In other words, even though we wrote three models above, the parameters from two of these models are sufficient to derive the parameters of the third.

Then again, if we look at the estimates from these models in the table, we will see that this does not exactly hold in our analysis. For example, if we plug in the coefficients for the “some college” variable, we get \(.326 - .198 = .165\), when in fact \(.326 - .198 = .128\). This isn’t even especially close. One way of understanding why this doesn’t hold exactly is to note that these three sets of estimates are estimated three overlapping but different samples.

The multinomial logit model that we will introduce can be thought of as like estimating the underlying logit for each pair of categories simultaneously, without separately estimating redundant coefficients so that the arithmetic relationships shown above for our parameters are also a feature of our estimates.

What if there are more than 3 categories?

Our approach involves first recognizing that there are potentially binary logits for each pair of categories. The number of unique pairs when there are k categories is \(\frac{k(k-1)}{2}\). As we saw with three categories, there were \(\frac{3(2)}{2}=3\) pairs. With four categories, there would be \(\frac{4(3)}{2}=6\) pairs. And with five there would be \(\frac{5(4)}{2}=10\) pairs.

If we have five categories labeled A, B, C, D, and E, the 10 pairs would be: A-B, A-C, A-D, A-E, B-C, B-D, B-E, C-D, C-E, and D-E.

In terms of non-redundant pairs, however, this is just \((k-1)\) pairs, or the number of categories minus 1. So in our example with 3 categories, there were 2 non-redundant logits and we could derive the 3rd logit from the results of the first two. With 4 categories, there are 6 possible logits but the results of 3 are enough to derive the rest. And with 5 categories, there are 10 possible logits, but we only need the results of 4 to derive the other 6.

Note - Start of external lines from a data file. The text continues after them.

-- ===== src/Refine/Claims.antt =====
-- What the slots of the pipeline hold, when the state before the instruction in MEM is given.
use cpu_sim.Base.{
  ℕ, ◌<◌, ◌≡◌, ◌⊎◌, Bool, true, false, not, Option, some, if◌then◌else◌, ◌&&◌, ◌||◌, add32, length,
}
use cpu_sim.Isa.Op.{Op}
use cpu_sim.Isa.Decoder.{decode}
use cpu_sim.Memory.Interface.{IMemory}
use cpu_sim.RegFile.{RegFile, num_regs, read}
use cpu_sim.Predictor.{BranchPredictor, update}
use cpu_sim.Pipeline.Regs.{IfId, IdEx, ExMem, MemWb}
use cpu_sim.Pipeline.Fetch.{guess}
use cpu_sim.Pipeline.Execute.{executed, actual_taken, is_cond_branch, is_jal, is_jalr}
use cpu_sim.Pipeline.Writeback.{has_writeback}
use cpu_sim.Arch.{Arch, halts, step}
use cpu_sim.Refine.Latched.{Latched, operand, committed}

-- The port that fetch reads holds the code, as long as `Holds`.
pub record IsCode (I : IMemory) (Holds : I.State → Type 0) (code : ℕ → Option ℕ) : Type 0 where
  pub same_code : (m : I.State) (a : ℕ) → Holds m → I.load_word m a ≡ code a
  pub ready_Holds : (m : I.State) (a : ℕ) (w : Bool) → Holds m → Holds (I.ready m a w).1
  pub tick_Holds : (m : I.State) → Holds m → Holds (I.tick m)

-- What the pipeline relies on of the predictor: it sends a branch or a JAL nowhere but to its target.
pub record IsGuide (code : ℕ → Option ℕ) (Guides : Option BranchPredictor → Type 0) : Type 0 where
  pub guess_Guides :
      (bp : Option BranchPredictor) (pc raw : ℕ)
      → Guides bp
      → code pc ≡ some raw
      → (guess bp pc).taken ≡ true
      → ((guess bp pc).target ≡ add32 pc (decode raw pc).imm) × (is_jalr (decode raw pc).op ≡ false)
  pub update_Guides :
      (p : BranchPredictor) (pc raw : ℕ) (taken : Bool)
      → Guides (some p)
      → code pc ≡ some raw
      → is_cond_branch (decode raw pc).op || is_jal (decode raw pc).op ≡ true
      → Guides (
          some
            (update p pc (is_cond_branch (decode raw pc).op) taken (add32 pc (decode raw pc).imm)))

pub record IsShaped (rf : RegFile) : Type 0 where
  pub size : length rf.regs ≡ num_regs
  pub zero_reg : read rf 0 ≡ 0

-- A word in EX, but for the values it was decoded with.
unfoldable pub plain : ℕ → ℕ → IdEx
plain raw pc =
    let i = decode raw pc in
    record {
      pc = pc;
      raw = raw;
      op = i.op;
      rd = i.rd;
      rs1 = i.rs1;
      rs2 = i.rs2;
      imm = i.imm;
      rs1_val = 0;
      rs2_val = 0;
      valid = true;
      predicted_taken = false;
    }

-- Whether the instruction in WB ends the program.
abbrev pub ends : MemWb → Bool
ends wb = wb.valid && halts wb.op

-- Whether the instruction in WB is one that the program goes on after.
abbrev pub carries_on : MemWb → Bool
carries_on wb = wb.valid && not (halts wb.op)

-- Where fetch goes after a word that it predicts as `taken`.
abbrev pub ahead : ℕ → ℕ → Bool → ℕ
ahead raw pc taken = if taken then add32 pc (decode raw pc).imm else add32 pc 4

module _ (I D S : IMemory) (view : D.State → S.State) (Holds : I.State → Type 0)
    (code : ℕ → Option ℕ) (Guides : Option BranchPredictor → Type 0) where
  -- The state after an instruction that may be a bubble.
  abbrev pub Follows : Bool → Op → Arch S → Arch S → Type 0
  Follows valid op s t =
      ((valid ≡ false) × (t ≡ s)) ⊎ ((valid ≡ true) × (halts op ≡ false) × (step S code s ≡ some t))

  pub record InFront (i : IfId) (pc : ℕ) (s : Arch S) : Type 0 where
    pub idle_pc : i.valid ≡ false → pc ≡ s.pc
    pub front_code : i.valid ≡ true → code s.pc ≡ some i.raw
    pub front_pc : i.valid ≡ true → i.pc ≡ s.pc
    pub ahead_pc : i.valid ≡ true → pc ≡ ahead i.raw i.pc i.predicted_taken
    pub front_jalr :
        i.valid ≡ true → i.predicted_taken ≡ true → is_jalr (decode i.raw i.pc).op ≡ false

  pub record InEx (l : Latched I D) (s : Arch S) : Type 0 where
    pub ex_code : l.ex.valid ≡ true → code s.pc ≡ some l.ex.raw
    pub ex_eq :
        l.ex.valid ≡ true
        → l.ex ≡ record (plain l.ex.raw s.pc) {
          rs1_val = l.ex.rs1_val;
          rs2_val = l.ex.rs2_val;
          predicted_taken = l.ex.predicted_taken;
        }
    pub first_eq : l.ex.valid ≡ true → operand I D l l.ex.rs1 l.ex.rs1_val ≡ read s.rf l.ex.rs1
    pub second_eq : l.ex.valid ≡ true → operand I D l l.ex.rs2 l.ex.rs2_val ≡ read s.rf l.ex.rs2
    pub ex_jalr : l.ex.valid ≡ true → l.ex.predicted_taken ≡ true → is_jalr l.ex.op ≡ false
    pub in_front :
        (t : Arch S)
        → Follows l.ex.valid l.ex.op s t
        → (l.ex.valid ≡ true
            → actual_taken l.ex (read s.rf l.ex.rs1) (read s.rf l.ex.rs2) ≡ l.ex.predicted_taken)
        → InFront l.front l.pc t

  pub record InMem (ex : ExMem) (s : Arch S) : Type 0 where
    pub mem_code : ex.valid ≡ true → code s.pc ≡ some ex.raw
    pub mem_eq :
        ex.valid ≡ true
        → ex
          ≡ executed
              (plain ex.raw s.pc)
              (read s.rf (decode ex.raw s.pc).rs1)
              (read s.rf (decode ex.raw s.pc).rs2)

  -- The rest of the pipeline, unless the program ends in WB.
  pub record Flows (l : Latched I D) (s : Arch S) : Type 0 where
    pub memory : view l.dmem ≡ s.mem
    pub guided : Guides l.bpred
    pub silent : l.wb.valid ≡ true → has_writeback l.wb.op ≡ false → l.wb.rd ≡ 0
    pub in_mem : InMem l.mem s
    pub in_ex : (t : Arch S) → Follows l.mem.valid l.mem.op s t → InEx l t

  pub record Represents (l : Latched I D) (s : Arch S) : Type 0 where
    pub holds : Holds l.imem
    pub shape : IsShaped l.rf
    pub registers : committed I D l ≡ s.rf
    pub wb_index : l.wb.rd < num_regs
    pub ended :
        ends l.wb ≡ true
        → (code s.pc ≡ some l.wb.raw) × (l.wb.pc ≡ s.pc) × (l.wb.op ≡ (decode l.wb.raw s.pc).op)
    pub flows : ends l.wb ≡ false → Flows l s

Easiest here will be to select one of our categories to be the base category. In our example with 5 categories, say we choose category E as our base category. We will obtain results for the pairs A-E, B-E, C-E, and D-E, but then from those results we can derive the results for any other comparison.

Summary of key points

  1. One way we might think about models for an unordered outcome is as a set of contrasts between all pairs of categories of the outcome.
  2. If we do that, we can show arithmetically that some set(s) of parameters are simply the sum or difference between other set(s) of parameters.
  3. Even though these arithmetic relationships hold among parameters, they do not necessarily among parameter estimates when we estimate logits for different category-pairs separately.
  4. The multinomial logit model will solve this problem by effectively fitting all the underlying logits simultaneously so that redundant parameters are not separately estimated.
  5. If there are \(k\) categories, there are \(k-1\) non-redundant sets of parameters. The standard technique is to designate one outcome category to be the base category, and to estimate parameters for each other category vs. the base category.